Кантор втянул голову в плечи, превратился в горбуна:
– Когда я пришёл снова... Нашлось спасение. Чтобы Гиршман выжил, меня должны были уволить. Не сразу: сначала он остаётся в живых, а меня увольняют позже, в течение пятнадцати лет. Увольняют с позором, так надо. Ключевой нюанс, что поделаешь? Обмануть нельзя, никак нельзя. Я было рискнул, так Гиршман болеть начал. Рука у него отниматься стала...
– И вы? – Алексеев тронул нюансера за рукав. – И вы сами?..
– Да. Я сам погрузил себя в холодный мир. Знаете, как это было трудно? Сизифова работёнка! Мы живём в тёплом мире, а мне кровь из носу приспичило в холодный. Наши дела не замечают, а мне надо было, чтобы заметили, возмутились... Ничего, справился. Уволили, как миленькие! Доносы писали, кляузы, министр лично ногой топал...
– Лев Борисович, – внезапно спросил Алексеев. – А почему вы Кантор?
– Интересный вопрос. А вы почему Алексеев?
– Моего пращура звали Алексеем. Ярославская помещица Иванова отправила его к графу Шереметьеву в Останкино, помогать на огородных работах. Там он влюбился в дочку графского кучера, получил вольную... Это длинная история. С него и пошли мы, Алексеевы. Есть Алексеевы-Рогожские, есть Строгановские, есть Покровские...
– Вы из каких?
– Из Рогожских.
– А я, прошу прощения, из Канторов.
– Но ведь кантор – это, если не ошибаюсь, певец? Поет в молельне?
– Мой папа, такой же купец, как и ваш, только еврей, был Кантором. Мой дедушка был Кантором. И даже моя бабушка, которая лучше всех в Полангене готовила кисло-сладкое жаркое, тоже была фру Канторо̀вой. Все пели, если вам интересно, как сапог, включая прадедушку. Кантор – это фамилия, Константин Сергеевич, просто фамилия. Вы знаете, что такое фамилия? Это наше проклятье. Певец в молельне? Кстати, откуда вы так хорошо осведомлены в еврейской жизни?
– Театр, Лев Борисович. Я ставил «Польского еврея», «Ганнеле», «Уриэля Акосту», «Венецианского купца». Играл главные роли...
– Репертуар, – с невыразимым отвращением произнес Кантор. – Театр, значит.
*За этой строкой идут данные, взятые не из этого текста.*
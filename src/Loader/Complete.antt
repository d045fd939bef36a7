-- ===== src/Loader/Complete.antt =====
-- `load_collectors` of src/diamond/utils/classes.py finds every collector that is there.
use fullerite.Base.{
  ◌≡◌, ◌⊎◌, inl, inr, Bool-cases, true, false, ◌&&◌, not, Option-cases, some, List, [], ◌∷◌, arith,
  ◌∙◌,
}
use mathlib.Core.Path.{sym, ap}
use fullerite.Base.Text.{Str, codes, str_eq, str_eq→eq, str_mem, starts_with, Lacks}
use fullerite.Base.Dict.{update}
use fullerite.Base.Result.{Result}
use fullerite.Base.Exec.{pure}
use fullerite.Loader.Classes.{Class, class_name, class_object, Module, Import, module_of}
use fullerite.Loader.{
  Entry, Entries, file, directory, other, end, entry, Log, Found, module_name, join_path, is_source,
  is_skipped, is_collector, add_class, load_attribute, load_attributes, load_module, load_file,
  load_entry, load_entries, Root, load_collectors,
}
use fullerite.Loader.Dynamic.{IsCollector, IsCollector→is_collector, load_dynamic_class_lem}
use fullerite.Loader.Finds.{
  Post, Anything, anything, bind-Post, Has, insert_same-Has, update_right-Has, load_attributes-Has,
  load_entries-Has, load_collectors-Has,
}

-- A file stands in a directory or below it, and no directory on the way is skipped.
abbrev mutual
  pub InEntry : Str → Str → Entry → Type 0
  InEntry f path (file g) = f ≡ g
  InEntry f path (other g) = ⊥
  InEntry f path (directory g es) =
      (is_skipped (join_path path g) ≡ false) × InEntries f (join_path path g) es

  pub InEntries : Str → Str → Entries → Type 0
  InEntries f path end = ⊥
  InEntries f path (entry e es) = InEntry f path e ⊎ InEntries f path es

-- A file stands below one of the paths, and none of the paths up to that one is skipped.
abbrev pub Below : Str → List Root → Type 0
Below f [] = ⊥
Below f (r ∷ rs) =
    (is_skipped r.path ≡ false)
    × (((es : Entries) × (r.listing ≡ some es) × InEntries f r.path es) ⊎ Below f rs)

-- The class is a collector, and the value of an attribute of the module that the file's import
-- gives; the attribute's name has no dot and does not begin with `parent_`.
pub record Defines (import' : Str → Import) (f a : Str) (m : Module) (c : Class) : Type 0 where
  pub source : is_source f ≡ true
  pub imports : import' (module_name f) ≡ module_of m
  pub listed : str_mem a m.names ≡ true
  pub value : m.attribute a ≡ some (class_object c)
  pub collector : IsCollector c
  pub undotted : Lacks b'.' a
  pub no_parent : starts_with a (codes "parent_") ≡ false

module _ (import' : Str → Import) (f a : Str) (m : Module) (c : Class)
    (defines : Defines import' f a m c) where
  abbrev Finds : Result Found × Log → Type 0
  Finds = Post (Has (class_name c))

  load_attribute-Finds :
      (d : Found) (log : Log)
      → Finds (load_attribute import' (module_name f) a (class_object c) d log)
  unfolding load_attribute add_class
  load_attribute-Finds d log =
      let tried : (is_collector (class_object c) && not (starts_with a (codes "parent_"))) ≡ true =
        ground (arith, IsCollector→is_collector c defines.collector, defines.no_parent) in
      let loaded =
        load_dynamic_class_lem import' (module_name f) a m c defines.undotted defines.imports
          defines.value tried in
      rw (tried, loaded) (insert_same-Has (class_name c) c d)

  load_attributes-Finds :
      (as' : List Str) (d : Found) (log : Log)
      → str_mem a as' ≡ true
      → Finds (load_attributes import' (module_name f) m as' d log)
  unfolding load_attributes
  load_attributes-Finds [] d log h = cc
  load_attributes-Finds (b ∷ as') d log h = elim (Option-cases (m.attribute b)) [
    | inl missing ↦ rw missing tt
    | inr (o, e) ↦ rw e (elim (Bool-cases (str_eq a b)) [
      | inl same ↦
          let name = str_eq→eq a b same in
          let value : o ≡ class_object c =
            (let both = sym e ∙ ap m.attribute (sym name) ∙ defines.value in cc) in
          bind-Post (Has (class_name c)) (Has (class_name c))
            (load_attribute import' (module_name f) b o d)
            (load_attributes import' (module_name f) m as') log
            (rw (← name, value) (load_attribute-Finds d log))
            (λ d' l. load_attributes-Has (class_name c) import' (module_name f) m as' d' l)
      | inr differs ↦
          bind-Post Anything (Has (class_name c)) (load_attribute import' (module_name f) b o d)
            (load_attributes import' (module_name f) m as') log
            (anything (load_attribute import' (module_name f) b o d log))
            (λ d' l q. load_attributes-Finds as' d' l (ground arith))
    ])
  ]

  load_file-Finds : (d : Found) (log : Log) → Finds (load_file import' f d log)
  unfolding load_file load_module
  load_file-Finds d log =
      rw (defines.source, defines.imports) (load_attributes-Finds m.names d log defines.listed)

  mutual
    unfolding load_entry

    load_entry-Finds :
        (e : Entry) (path : Str) (d : Found) (log : Log)
        → InEntry f path e
        → Finds (load_entry import' path e d log)
    load_entry-Finds (file g) path d log h = rw (← h) (load_file-Finds d log)
    load_entry-Finds (other g) path d log h = absurd h
    load_entry-Finds (directory g es) path d log h =
        let inner = join_path path g in
        rw h.0 (
          bind-Post (Has (class_name c)) (Has (class_name c)) (load_entries import' inner es [])
            (λ sub. pure (update d sub)) log (load_entries-Finds es inner [] log h.1)
            (λ sub l q. update_right-Has (class_name c) d sub q))

    load_entries-Finds :
        (es : Entries) (path : Str) (d : Found) (log : Log)
        → InEntries f path es
        → Finds (load_entries import' path es d log)
    load_entries-Finds end path d log h = absurd h
    load_entries-Finds (entry e es) path d log (inl h) =
        bind-Post (Has (class_name c)) (Has (class_name c)) (load_entry import' path e d)
          (λ d'. load_entries import' path es d') log (load_entry-Finds e path d log h)
          (λ d' l. load_entries-Has (class_name c) import' es path d' l)
    load_entries-Finds (entry e es) path d log (inr h) =
        bind-Post Anything (Has (class_name c)) (load_entry import' path e d)
          (λ d'. load_entries import' path es d') log (anything (load_entry import' path e d log))
          (λ d' l q. load_entries-Finds es path d' l h)

  -- Let a source file stand below one of the paths, with no directory on the way, nor a path up to
  -- that one, skipped; and let the file's module have an attribute, whose name has no dot and does
  -- not begin with `parent_`, that is a class derived from `Collector` by a chain of base classes,
  -- and not `Collector`. Then if `load_collectors` returns, the dict has the class's name as a
  -- key.
  pub load_collectors-Finds :
      (rs : List Root) (d : Found) (log : Log)
      → Below f rs
      → Finds (load_collectors import' rs d log)
  unfolding load_collectors
  load_collectors-Finds [] d log h = absurd h
  load_collectors-Finds (r ∷ rs) d log (kept, inl (es, found, h)) =
      rw (found, kept)
        (bind-Post (Has (class_name c)) (Has (class_name c)) (load_entries import' r.path es d)
          (λ d'. load_collectors import' rs d') log (load_entries-Finds es r.path d log h)
          (λ d' l. load_collectors-Has (class_name c) import' rs d' l))
  load_collectors-Finds (r ∷ rs) d log (kept, inr h) = elim (Option-cases r.listing) [
    | inl missing ↦ rw missing tt
    | inr (es, found) ↦
        rw (found, kept)
          (bind-Post Anything (Has (class_name c)) (load_entries import' r.path es d)
            (λ d'. load_collectors import' rs d') log
            (anything (load_entries import' r.path es d log))
            (λ d' l q. load_collectors-Finds rs d' l h))
  ]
Весь мир – театр, в нём женщины, мужчины – все евреи. Польский еврей, Ганнеле, реб Уриэль, чтоб он был здоров... Я глубоко извиняюсь, но вы случайно не из наших?
– Я русский, – возразил Алексеев. – Константин Сергеевич.
– Ну да, русский. Уриэль Акоста, Шейлок... Константин Сергеевич. А я Лейба Берлович, к вашим услугам. Ну да, конечно же, русский. Я вижу. Я тоже в какой-то степени русский.
Кантор сбил картуз на затылок, словно комический дядюшка из скверного водевиля:
– Вы только не волнуйтесь, хорошо? Лёва все понимает, Лёва никому не скажет.
________________________________________________
[1] Бимбер – самогон.
[2]Спадок – наследство. Мешкав – проживал. Розрахувався – рассчитался (укр.).
[3]Воскресенье (укр.).
[4]Гарсон (фр. garçon) – мальчик, в переносном значении официант. Mon cher – мой дорогой.
[5]Фаршированная рыба (нем.).
[6]Тысяча чертей (фр.).
[7]«Манифест Коммунистической партии» (нем.). Авторы – Карл Маркс и Фридрих Энгельс.
[8]«Мазаль тов» (букв. «хорошее везение», «удача» (ивр.)) – тост, поздравление, пожелание.